Take the material below and reproduce, word for word, only the lines from the line with "err (DispatchError.challenges ChallengesError.progress_err)" through the line with "arbitral config 7".

* * *

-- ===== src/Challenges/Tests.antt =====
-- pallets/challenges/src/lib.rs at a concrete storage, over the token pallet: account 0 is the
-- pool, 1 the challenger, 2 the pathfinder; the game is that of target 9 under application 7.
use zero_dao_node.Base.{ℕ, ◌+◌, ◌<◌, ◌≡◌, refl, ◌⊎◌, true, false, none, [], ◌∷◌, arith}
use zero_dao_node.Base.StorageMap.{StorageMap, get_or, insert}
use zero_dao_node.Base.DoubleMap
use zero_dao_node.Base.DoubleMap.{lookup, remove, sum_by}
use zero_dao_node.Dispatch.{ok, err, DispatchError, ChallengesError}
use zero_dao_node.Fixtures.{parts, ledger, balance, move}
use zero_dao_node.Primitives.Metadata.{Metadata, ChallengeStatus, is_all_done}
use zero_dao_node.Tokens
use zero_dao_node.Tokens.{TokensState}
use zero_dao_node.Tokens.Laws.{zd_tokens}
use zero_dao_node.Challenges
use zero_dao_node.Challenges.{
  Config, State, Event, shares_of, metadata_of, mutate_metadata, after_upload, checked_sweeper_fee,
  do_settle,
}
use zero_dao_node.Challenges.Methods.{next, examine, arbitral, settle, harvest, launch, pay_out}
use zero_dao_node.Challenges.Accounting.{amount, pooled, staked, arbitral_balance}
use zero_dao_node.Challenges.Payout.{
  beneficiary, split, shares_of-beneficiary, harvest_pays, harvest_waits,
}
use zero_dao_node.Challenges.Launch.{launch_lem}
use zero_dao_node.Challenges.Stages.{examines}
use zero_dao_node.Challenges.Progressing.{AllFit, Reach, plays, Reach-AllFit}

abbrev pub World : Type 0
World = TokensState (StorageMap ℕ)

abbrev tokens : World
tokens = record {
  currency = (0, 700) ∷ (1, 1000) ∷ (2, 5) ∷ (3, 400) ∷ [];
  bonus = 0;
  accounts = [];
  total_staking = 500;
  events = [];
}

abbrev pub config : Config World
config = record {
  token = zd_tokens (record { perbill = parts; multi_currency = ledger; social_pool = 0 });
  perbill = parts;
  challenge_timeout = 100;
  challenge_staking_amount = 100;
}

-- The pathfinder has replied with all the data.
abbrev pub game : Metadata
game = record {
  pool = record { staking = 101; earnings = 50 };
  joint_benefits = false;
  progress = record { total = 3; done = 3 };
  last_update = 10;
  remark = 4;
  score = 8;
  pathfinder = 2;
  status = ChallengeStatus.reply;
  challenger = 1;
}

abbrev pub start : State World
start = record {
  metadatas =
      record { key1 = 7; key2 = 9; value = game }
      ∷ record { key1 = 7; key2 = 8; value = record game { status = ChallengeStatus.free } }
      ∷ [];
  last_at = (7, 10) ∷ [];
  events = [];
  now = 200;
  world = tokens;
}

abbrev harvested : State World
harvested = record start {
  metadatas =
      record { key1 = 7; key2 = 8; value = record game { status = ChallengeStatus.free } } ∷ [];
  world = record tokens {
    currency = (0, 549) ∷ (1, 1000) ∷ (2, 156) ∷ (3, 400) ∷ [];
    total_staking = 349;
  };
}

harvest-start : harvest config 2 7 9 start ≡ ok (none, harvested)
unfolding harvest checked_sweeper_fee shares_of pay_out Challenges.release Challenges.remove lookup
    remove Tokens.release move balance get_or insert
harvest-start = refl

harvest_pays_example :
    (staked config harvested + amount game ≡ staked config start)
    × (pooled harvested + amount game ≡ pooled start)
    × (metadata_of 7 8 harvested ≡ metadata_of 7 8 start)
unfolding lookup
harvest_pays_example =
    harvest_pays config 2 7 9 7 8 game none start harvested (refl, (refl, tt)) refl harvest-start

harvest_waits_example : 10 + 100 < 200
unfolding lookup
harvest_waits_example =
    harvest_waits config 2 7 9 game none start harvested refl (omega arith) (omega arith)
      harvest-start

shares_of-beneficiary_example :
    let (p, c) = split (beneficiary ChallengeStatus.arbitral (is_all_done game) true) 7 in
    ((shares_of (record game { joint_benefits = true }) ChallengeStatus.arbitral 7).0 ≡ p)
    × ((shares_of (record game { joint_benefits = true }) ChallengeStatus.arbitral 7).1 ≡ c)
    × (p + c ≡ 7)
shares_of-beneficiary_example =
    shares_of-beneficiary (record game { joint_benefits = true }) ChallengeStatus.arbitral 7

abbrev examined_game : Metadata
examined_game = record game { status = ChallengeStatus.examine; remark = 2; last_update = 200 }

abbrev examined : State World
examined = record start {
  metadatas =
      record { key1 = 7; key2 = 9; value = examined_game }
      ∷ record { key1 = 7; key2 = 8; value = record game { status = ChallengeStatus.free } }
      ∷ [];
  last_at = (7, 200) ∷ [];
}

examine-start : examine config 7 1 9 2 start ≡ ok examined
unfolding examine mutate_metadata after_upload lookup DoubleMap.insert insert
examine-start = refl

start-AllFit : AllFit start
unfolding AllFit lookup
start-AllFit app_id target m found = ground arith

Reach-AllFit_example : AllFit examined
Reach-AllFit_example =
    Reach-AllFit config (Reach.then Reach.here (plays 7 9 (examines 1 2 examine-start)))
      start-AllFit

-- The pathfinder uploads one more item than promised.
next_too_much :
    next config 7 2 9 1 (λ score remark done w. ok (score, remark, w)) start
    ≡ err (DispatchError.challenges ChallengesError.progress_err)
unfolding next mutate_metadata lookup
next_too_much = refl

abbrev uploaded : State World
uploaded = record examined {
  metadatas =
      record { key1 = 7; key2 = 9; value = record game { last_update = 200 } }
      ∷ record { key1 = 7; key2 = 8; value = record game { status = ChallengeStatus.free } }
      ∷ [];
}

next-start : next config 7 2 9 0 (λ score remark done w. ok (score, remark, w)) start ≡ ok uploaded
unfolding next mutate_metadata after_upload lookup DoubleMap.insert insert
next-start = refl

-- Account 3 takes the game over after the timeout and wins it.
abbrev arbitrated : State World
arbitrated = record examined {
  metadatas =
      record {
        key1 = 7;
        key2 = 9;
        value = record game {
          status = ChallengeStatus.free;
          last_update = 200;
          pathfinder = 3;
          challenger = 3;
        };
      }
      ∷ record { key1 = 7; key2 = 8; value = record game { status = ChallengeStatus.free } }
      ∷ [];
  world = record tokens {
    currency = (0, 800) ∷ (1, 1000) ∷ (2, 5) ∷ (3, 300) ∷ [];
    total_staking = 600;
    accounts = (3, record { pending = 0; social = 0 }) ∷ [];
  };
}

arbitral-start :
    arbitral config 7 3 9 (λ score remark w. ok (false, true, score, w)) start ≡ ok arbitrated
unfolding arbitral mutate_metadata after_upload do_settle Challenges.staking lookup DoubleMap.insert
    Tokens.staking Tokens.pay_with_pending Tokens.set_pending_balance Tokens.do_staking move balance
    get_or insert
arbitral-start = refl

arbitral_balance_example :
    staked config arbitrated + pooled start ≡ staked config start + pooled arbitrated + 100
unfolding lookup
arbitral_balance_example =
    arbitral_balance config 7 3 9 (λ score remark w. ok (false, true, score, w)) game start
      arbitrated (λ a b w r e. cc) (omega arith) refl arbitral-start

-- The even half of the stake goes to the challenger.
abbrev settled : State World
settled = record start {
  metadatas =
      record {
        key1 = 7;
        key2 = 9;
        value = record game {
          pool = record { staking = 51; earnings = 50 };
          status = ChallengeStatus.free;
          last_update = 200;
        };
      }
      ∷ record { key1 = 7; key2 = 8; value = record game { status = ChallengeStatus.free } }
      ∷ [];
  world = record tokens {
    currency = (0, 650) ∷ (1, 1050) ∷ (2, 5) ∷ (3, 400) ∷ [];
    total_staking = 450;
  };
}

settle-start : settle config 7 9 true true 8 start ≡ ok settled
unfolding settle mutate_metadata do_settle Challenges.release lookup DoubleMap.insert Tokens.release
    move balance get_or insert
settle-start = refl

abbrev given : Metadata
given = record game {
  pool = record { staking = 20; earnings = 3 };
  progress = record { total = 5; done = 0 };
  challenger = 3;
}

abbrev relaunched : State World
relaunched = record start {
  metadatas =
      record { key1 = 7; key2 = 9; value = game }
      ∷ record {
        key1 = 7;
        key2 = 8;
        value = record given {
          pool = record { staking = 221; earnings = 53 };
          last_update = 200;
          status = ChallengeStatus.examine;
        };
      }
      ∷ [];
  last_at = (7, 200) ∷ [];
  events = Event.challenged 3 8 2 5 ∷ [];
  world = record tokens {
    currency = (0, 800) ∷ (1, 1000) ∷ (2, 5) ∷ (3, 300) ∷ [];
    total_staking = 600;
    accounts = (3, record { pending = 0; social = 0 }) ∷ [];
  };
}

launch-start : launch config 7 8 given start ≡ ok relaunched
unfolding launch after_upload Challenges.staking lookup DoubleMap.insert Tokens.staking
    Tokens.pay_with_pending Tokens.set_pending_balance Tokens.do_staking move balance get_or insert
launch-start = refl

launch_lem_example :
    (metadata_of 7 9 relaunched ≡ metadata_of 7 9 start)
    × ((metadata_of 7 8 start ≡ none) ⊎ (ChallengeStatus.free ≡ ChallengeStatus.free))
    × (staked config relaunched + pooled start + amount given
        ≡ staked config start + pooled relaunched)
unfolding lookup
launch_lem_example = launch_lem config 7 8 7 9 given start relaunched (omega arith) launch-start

* * *

Exercise response »
    ≡ err (DispatchError.challenges ChallengesError.progress_err)
unfolding next mutate_metadata lookup
next_too_much = refl

abbrev uploaded : State World
uploaded = record examined {
  metadatas =
      record { key1 = 7; key2 = 9; value = record game { last_update = 200 } }
      ∷ record { key1 = 7; key2 = 8; value = record game { status = ChallengeStatus.free } }
      ∷ [];
}

next-start : next config 7 2 9 0 (λ score remark done w. ok (score, remark, w)) start ≡ ok uploaded
unfolding next mutate_metadata after_upload lookup DoubleMap.insert insert
next-start = refl

-- Account 3 takes the game over after the timeout and wins it.
abbrev arbitrated : State World
arbitrated = record examined {
  metadatas =
      record {
        key1 = 7;
        key2 = 9;
        value = record game {
          status = ChallengeStatus.free;
          last_update = 200;
          pathfinder = 3;
          challenger = 3;
        };
      }
      ∷ record { key1 = 7; key2 = 8; value = record game { status = ChallengeStatus.free } }
      ∷ [];
  world = record tokens {
    currency = (0, 800) ∷ (1, 1000) ∷ (2, 5) ∷ (3, 300) ∷ [];
    total_staking = 600;
    accounts = (3, record { pending = 0; social = 0 }) ∷ [];
  };
}

arbitral-start :
    arbitral config 7 3 9 (λ score remark w. ok (false, true, score, w)) start ≡ ok arbitrated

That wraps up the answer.